Metadata-Version: 2.1
Name: russian-paraphrasers
Version: 0.0.1
Summary: Russian Paraphrasers (based on ru-gpt, mt5)
Home-page: https://github.com/RussianNLP/russian_paraphrasers
Author: Alenusch
Author-email: alenush93@gmail.com
License: UNKNOWN
Platform: UNKNOWN
Classifier: Programming Language :: Python :: 3
Classifier: License :: OSI Approved :: MIT License
Classifier: Operating System :: OS Independent
Description-Content-Type: text/markdown
Requires-Dist: rusenttokenize
Requires-Dist: transformers (>=4.0.1)

# Russian Paraphrasers

The library for Russian paraphrase generation.
Paraphrase generation is an increasingly popular task in NLP that can be used in many areas:

- style transfer: 
    - translation from rude to polite
    - translation from professional to simple language
- data augmentation: increasing the number of examples for training ML-models
- increasing the stability of ML-models: training models on a wide variety of examples, in different styles, with different sentiment, but the same meaning / intent of the user

## Install

```
pip install --upgrade pip
pip install -r requirements.txt
pip install russian_paraphrasers
```

Requirements.txt:
```
sentence-transformers==0.4.0
transformers>=4.0.1
git+https://github.com/Maluuba/nlg-eval.git@master
```

## Usage

[![Open In Colab](https://colab.research.google.com/assets/colab-badge.svg)](https://colab.research.google.com/drive/1IjBeV--kiBoPQM6bqg9h2cX4Vhf1ofNK?usp=sharing)
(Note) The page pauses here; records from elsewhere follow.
-- ===== src/Data/Access.antt =====
-- data.c: reading a dispatch data object, by mapping, by applying a function to its regions, and by
-- copying the region around a location. The applier is a callback with a state of its own; it
-- answers whether to go on.
use book.Base.{
  ℕ, zero, suc, ◌+◌, ◌-◌, Bool, true, false, Option, none, some, List, [], ◌∷◌, ◌==◌, ◌&&◌, leb,
  if◌then◌else◌, slice, drop,
}
use book.Data.Defs.{
  DispatchData, leaf, composite, Records, nil, cons, Created, data_empty, get_size,
}

-- What _dispatch_data_map_direct hands out: the buffer from the offset on, if there is one, and the
-- object and offset behind a trivial subrange.
pub record Mapped : Type 0 where
  pub buffer : Option (List ℕ)
  pub object : DispatchData
  pub offset : ℕ

-- Its second half, at the object that it settles on.
unfoldable pub map_at : DispatchData → ℕ → Mapped
map_at (leaf buf) offset = record {
  buffer = some (drop offset buf);
  object = leaf buf;
  offset = offset;
}
map_at (composite none size records) offset = record {
  buffer = none;
  object = composite none size records;
  offset = offset;
}
map_at (composite (some buf) size records) offset = record {
  buffer = some (drop offset buf);
  object = composite (some buf) size records;
  offset = offset;
}

-- _dispatch_data_map_direct
unfoldable pub map_direct : DispatchData → ℕ → Mapped
unfolding map_at
map_direct (composite flat size (cons o from len nil)) offset = map_at o (offset + from)
map_direct d offset = map_at d offset

-- The callback: region, offset, and the bytes `buffer[0 .. size)`.
abbrev pub Applier : Type 0 → Type 0
Applier S = DispatchData → ℕ → List ℕ → S → S × Bool

module _ {S : Type 0} (f : Applier S) where
  -- _dispatch_data_apply: at a buffer, one call; otherwise a call on each record, as long as the
  -- result is true.
  unfoldable mutual
    unfolding map_direct

    pub data_apply : DispatchData → ℕ → ℕ → ℕ → S → S × Bool
    data_apply (leaf buf) offset from size s = f (leaf buf) offset (slice from size buf) s
    data_apply (composite flat n records) offset from size s =
        let each = apply_records records offset s true in
        elim (map_direct (composite flat n records) 0).buffer [
          | some buf ↦ f (composite flat n records) offset (slice from size buf) s
          | none ↦ each
        ]

    pub apply_records : Records → ℕ → S → Bool → S × Bool
    apply_records nil offset s result = (s, result)
    apply_records (cons o from len rest) offset s result =
        let called = data_apply o offset from len s in
        let after = apply_records rest (offset + len) called.0 called.1 in
        if result then after else (s, false)

  -- dispatch_data_apply
  unfoldable pub apply : DispatchData → S → S × Bool
  unfolding data_apply
  apply d s = if get_size d == 0 then (s, true) else data_apply d 0 0 (get_size d) s

-- Where the loop of _dispatch_data_copy_region stops: the record's object, the start and length of
-- what it contributes, and the offset of that.
pub record Spot : Type 0 where
  pub object : DispatchData
  pub from : ℕ
  pub len : ℕ
  pub offset : ℕ

-- `none` is the crash on a location past the last record.
unfoldable pub find_region : Records → ℕ → ℕ → ℕ → Option Spot
find_region nil from location offset = none
find_region (cons o start l rest) from location offset =
    let skipped = find_region rest (from - l) location offset in
    let passed = find_region rest 0 location (offset + (l - from)) in
    if leb l from
    then skipped
    else if leb (offset + (l - from)) location
    then passed
    else some (record { object = o; from = from + start; len = l - from; offset = offset })

abbrev pub records_of : DispatchData → Records
records_of (leaf buf) = nil
records_of (composite flat size records) = records

-- At a buffer: the object itself if it is all of it, what is behind it if that is, or a new record.
unfoldable pub region_at : DispatchData → ℕ → ℕ → Mapped → Created
region_at dd from size m =
    if from == 0 && size == get_size dd
    then record { object = dd; retained = dd ∷ [] }
    else if m.offset == 0 && size == get_size m.object
    then record { object = m.object; retained = m.object ∷ [] }
    else record {
      object = composite none size (cons m.object m.offset size nil);
      retained = m.object ∷ [];
    }

-- _dispatch_data_copy_region, with fuel for the depth of the objects; the second result is
-- `*offset_ptr`.
unfoldable pub copy_from : ℕ → DispatchData → ℕ → ℕ → ℕ → ℕ → Option (Created × ℕ)
unfolding map_direct region_at find_region
copy_from zero dd from size location offset = none
copy_from (suc fuel) dd from size location offset =
    let m = map_direct dd from in
    elim m.buffer [
      | some buf ↦ some (region_at dd from size m, offset)
      | none ↦ elim (find_region (records_of m.object) m.offset location 0) [
        | none ↦ none
        | some spot ↦
            copy_from fuel spot.object spot.from spot.len (location - spot.offset)
              (offset + spot.offset)
      ]
    ]

-- dispatch_data_copy_region. Records refer to leaves, so a depth of 2 is enough.
unfoldable pub copy_region : DispatchData → ℕ → Option (Created × ℕ)
unfolding copy_from
copy_region dd location =
    if leb (get_size dd) location
    then some (record { object = data_empty; retained = [] }, get_size dd)
    else copy_from 2 dd 0 (get_size dd) location 0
1) First, import one of the models and set general parameters for your paraphraser:

```
from russian_paraphrasers import GPTParaphraser

paraphraser = GPTParaphraser(model_name="gpt2", range_cand=False, make_eval=False)
```

```
from russian_paraphrasers import Mt5Paraphraser

paraphraser = Mt5Paraphraser(model_name="mt5-base", range_cand=False, make_eval=False)
```

You can choose 1) to filter candidates or not 2) to add some evaluation of best candidates or all `n` samples.

Arguments:
- model_name: `mt5-small`, `mt5-base`, `mt5-large`, `gpt2`
- range_cand: `True/False`
- make_eval: `True/False`

2) Pass sentence (obligatory) and parameters for generating to generate function and see the results.

```
sentence = "Мама мыла раму."
results = paraphraser.generate(
    sentence, n=10, temperature=1, 
    top_k=10, top_p=0.9, 
    max_length=100, repetition_penalty=1.5
)
```

Results for one sentence look like this:

```
{'average_metrics': {'Bleu_1': 0.06666666665333353,
                     'Bleu_2': 2.3570227263379004e-09,
                     'Bleu_3': 8.514692649183842e-12,
                     'Bleu_4': 5.665278056606597e-13,
                     'ROUGE_L': 0.07558859975216851},
 'best_candidats': ['В чём цель существования человека?',
                    'Для чего нужна жизнь?',
                    'Что такое жизнь в смысле смысла ее существования, и зачем '
                    'она нужна человеку.'],
 'predictions': ['В чём счастье людей, проживающих в мире сегодня',
                 'В чём счастье человека?)',
                 'Для чего нужна жизнь и какова цель ее существования?',
                 'Что означает фраза в том чтобы жить жизнью?',
                 'В чём ценность человеческой Жизни?',
                 'В чём счастье людей в мире? и т. д.',
                 'Зачем нужна жизнь и что в ней главное докуменция дл',
                 'В чём цель существования человека?',
                 'Что такое жизнь в смысле смысла ее существования, и зачем '
                 'она нужна человеку.',
                 'Для чего нужна жизнь?']
}
```


## Models

All models were fine-tuned on the same dataset (see below) and uploaded to hugging_face.
Available models:
- [rugpt2-large](https://huggingface.co/sberbank-ai/rugpt2large) trained by Sberbank team https://github.com/sberbank-ai/ru-gpts
- [mt5-small](https://huggingface.co/google/mt5-small)
- [mt5-base](https://huggingface.co/google/mt5-base)
- [mt5-large](https://huggingface.co/google/mt5-large)

To be continued... =)

## Dataset

All models were finetuned on the dataset based on two parts:

1) part of the [ParaPhraser data](http://paraphraser.ru/download/), about 200k filtered examples
2) filtered questions to chatbots and filtered subtitles from [here](https://github.com/rysshe/paraphrase/tree/master/data)

The dataset will be available soon as well as the article with all the details.